» **Data to examine**:
-- ===== src/Crc/Chunks.antt =====
-- The loop of 9-crc32/main.c over the mapped chunks: its result is that of the whole file.
use native.Mathlib.Nat.{mul-mod_left, mod_self}
use otus_c.Common.{ℕ, zero, suc, ◌+◌, ◌-◌, ◌/◌, ◌%◌, ◌^◌, ◌≤◌, ◌<◌, ◌≡◌, ◌≢◌, refl, ap}
use otus_c.Common.{
  List, [], ◌∷◌, ◌++◌, arith, ltb, ltb→lt, ltb→le, Bool, Bool-cases, inl, inr, true,
}
use otus_c.Common.{
  length, min, drop_all, length-drop, take, drop, drop-drop, drop-nil, some, Option-cases,
}
use otus_c.Crc.{
  crc32_bitwise, crc32_bytes, default_chunk, chunk_size, map_len, chunks, main, System, printed,
  stuck,
}
use otus_c.Crc.Poly.{IsBytes, crc32_bytes-change, crc32_bytes_lt}

IsBytes-append : (xs ys : List ℕ) → IsBytes xs → IsBytes ys → IsBytes (xs ++ ys)
IsBytes-append [] ys h k = k
IsBytes-append (x ∷ xs) ys (h, hs) k = (h, IsBytes-append xs ys hs k)

div_pos : (n p : ℕ) → 0 < p → p ≤ n → 0 < n / p
div_pos n p h k = grind arith

-- The default chunk cut down to whole pages, or one page that is larger: never empty, and always
-- whole pages, so that every offset handed to `mmap` is one that it accepts.
pub chunk_size_lem :
    (page_size : ℕ)
    → 0 < page_size
    → (0 < chunk_size page_size) × (chunk_size page_size % page_size ≡ 0)
unfolding chunk_size
chunk_size_lem page_size h = elim (Bool-cases (ltb default_chunk page_size)) [
  | inl big ↦ rw big (h, mod_self page_size)
  | inr small ↦
      let pages = default_chunk / page_size in
      let some_page : 0 < pages =
        div_pos default_chunk page_size h (ltb→le default_chunk page_size small) in
      rw small (grind arith, mul-mod_left (default_chunk / page_size) page_size)
]

-- A prefix and what follows it, where the prefix ends with the file.
crc32_bytes-take-drop :
    (crc n m : ℕ) (bs : List ℕ)
    → m ≡ min n (length bs)
    → crc32_bytes (crc32_bytes crc (take m bs)) (drop n bs) ≡ crc32_bytes crc bs
unfolding crc32_bytes
crc32_bytes-take-drop crc n zero [] h = rw drop-nil
crc32_bytes-take-drop crc n (suc m) [] h = absurd (omega arith)
crc32_bytes-take-drop crc zero zero (b ∷ bs) h = refl
crc32_bytes-take-drop crc zero (suc m) (b ∷ bs) h = absurd (omega arith)
crc32_bytes-take-drop crc (suc n) zero (b ∷ bs) h = absurd (omega arith)
crc32_bytes-take-drop crc (suc n) (suc m) (b ∷ bs) h =
    crc32_bytes-take-drop (crc32_bitwise crc b) n m bs (omega arith)

module _ (maps : ℕ → ℕ → Bool) (file : List ℕ) (chunk : ℕ) (ok : (o l : ℕ) → maps o l ≡ true)
    (positive : 0 < chunk) where
  map_len-min :
      (offset : ℕ) → map_len maps file chunk offset ≡ min chunk (length (drop offset file))
  unfolding map_len
  map_len-min offset = ground (arith, length-drop offset file)

  chunks-printed :
      (fuel offset crc : ℕ)
      → length file - offset < fuel
      → chunks maps file chunk fuel offset crc
        ≡ printed (2 ^ 32 - 1 - crc32_bytes crc (drop offset file))
  unfolding chunks
  chunks-printed zero offset crc l = absurd (omega arith)
  chunks-printed (suc fuel) offset crc l = elim (Bool-cases (ltb offset (length file))) [
    | inl more ↦
        let left = ltb→lt offset (length file) more in
        rw (more, ok, chunks-printed fuel (offset + chunk) _ (omega arith), ← drop-drop)
          (ap (λ c. printed (2 ^ 32 - 1 - c))
            (crc32_bytes-take-drop crc chunk _ (drop offset file) (map_len-min offset)))
    | inr done ↦ rw (done, drop_all offset file (ltb→le _ _ done))
  ]

chunks-ne-stuck :
    (maps : ℕ → ℕ → Bool) (file : List ℕ) (chunk fuel offset crc : ℕ)
    → 0 < chunk
    → length file - offset < fuel
    → chunks maps file chunk fuel offset crc ≢ stuck
unfolding chunks
chunks-ne-stuck maps file chunk zero offset crc h l = absurd (omega arith)
chunks-ne-stuck maps file chunk (suc fuel) offset crc h l = ground (
  arith,
  chunks-ne-stuck maps file chunk fuel (offset + chunk)
      (crc32_bytes crc (take (map_len maps file chunk offset) (drop offset file))) h,
)

-- The program ends, whatever the file, the arguments and the calls that fail, on a system with
-- pages: its loop over the chunks comes to an end.
pub main_terminates : (s : System) (argc : ℕ) → 0 < s.page_size → main s argc ≢ stuck
unfolding main
main_terminates s argc h = elim (Option-cases s.contents) [
  | inl e ↦ ground (arith, e)
  | inr (file, e) ↦ ground (
    arith,
    e,
    chunks-ne-stuck s.maps file (chunk_size s.page_size) (suc (length file)) 0 0xFFFFFFFF
        (chunk_size_lem s.page_size h).0,
  )
]

-- The chunks do not show: with one argument, a file that opens, and no call that fails, on any
-- system with pages, the value printed is the complement of the CRC of the whole file.
pub main-printed :
    (s : System) (file : List ℕ)
    → s.contents ≡ some file
    → s.stats ≡ true
    → 0 < s.page_size
    → ((o l : ℕ) → s.maps o l ≡ true)
    → main s 2 ≡ printed (2 ^ 32 - 1 - crc32_bytes 0xFFFFFFFF file)
unfolding main
main-printed s file e f h ok = ground (
  arith,
  e,
  f,
  chunks-printed s.maps file (chunk_size s.page_size) ok (chunk_size_lem s.page_size h).0
      (suc (length file)) 0 0xFFFFFFFF (omega arith),
)

-- Two files that differ in one byte, of any length and at any place, are printed different values
-- for, each on a system with pages where no call fails.
pub main_tells_change :
    (s t : System) (b b' : ℕ) (xs ys : List ℕ)
    → IsBytes xs
    → IsBytes ys
    → b < 256
    → b' < 256
    → b ≢ b'
    → s.contents ≡ some (xs ++ (b ∷ ys))
    → t.contents ≡ some (xs ++ (b' ∷ ys))
    → (s.stats ≡ true) × (t.stats ≡ true)
    → (0 < s.page_size) × (0 < t.page_size)
    → ((o l : ℕ) → s.maps o l ≡ true)
    → ((o l : ℕ) → t.maps o l ≡ true)
    → main s 2 ≢ main t 2
main_tells_change s t b b' xs ys hx hy hb hb' ne es et (fs, ft) (ps, pt) os ot same =
    crc32_bytes-change 0xFFFFFFFF b b' xs ys (omega arith) hb hb' hx hy ne
      (omega (arith, values, below b hb, below b' hb'))
  where
    below : (c : ℕ) → c < 256 → crc32_bytes 0xFFFFFFFF (xs ++ (c ∷ ys)) < 2 ^ 32
    below c h =
        crc32_bytes_lt 0xFFFFFFFF (xs ++ (c ∷ ys)) (omega arith)
          (IsBytes-append xs (c ∷ ys) hx (h, hy))

    values :
        2 ^ 32 - 1 - crc32_bytes 0xFFFFFFFF (xs ++ (b ∷ ys))
        ≡ 2 ^ 32 - 1 - crc32_bytes 0xFFFFFFFF (xs ++ (b' ∷ ys))
    values = cc (main-printed s _ es fs ps os, main-printed t _ et ft pt ot, same)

» **What you should do**: Nothing but the lines from the start of the data through the line holding "IsBytes-append : (xs" should be restated, and each one exactly.

» **Expected answer**:
-- ===== src/Crc/Chunks.antt =====
-- The loop of 9-crc32/main.c over the mapped chunks: its result is that of the whole file.
use native.Mathlib.Nat.{mul-mod_left, mod_self}
use otus_c.Common.{ℕ, zero, suc, ◌+◌, ◌-◌, ◌/◌, ◌%◌, ◌^◌, ◌≤◌, ◌<◌, ◌≡◌, ◌≢◌, refl, ap}
use otus_c.Common.{
  List, [], ◌∷◌, ◌++◌, arith, ltb, ltb→lt, ltb→le, Bool, Bool-cases, inl, inr, true,
}
use otus_c.Common.{
  length, min, drop_all, length-drop, take, drop, drop-drop, drop-nil, some, Option-cases,
}
use otus_c.Crc.{
  crc32_bitwise, crc32_bytes, default_chunk, chunk_size, map_len, chunks, main, System, printed,
  stuck,
}
use otus_c.Crc.Poly.{IsBytes, crc32_bytes-change, crc32_bytes_lt}

IsBytes-append : (xs ys : List ℕ) → IsBytes xs → IsBytes ys → IsBytes (xs ++ ys)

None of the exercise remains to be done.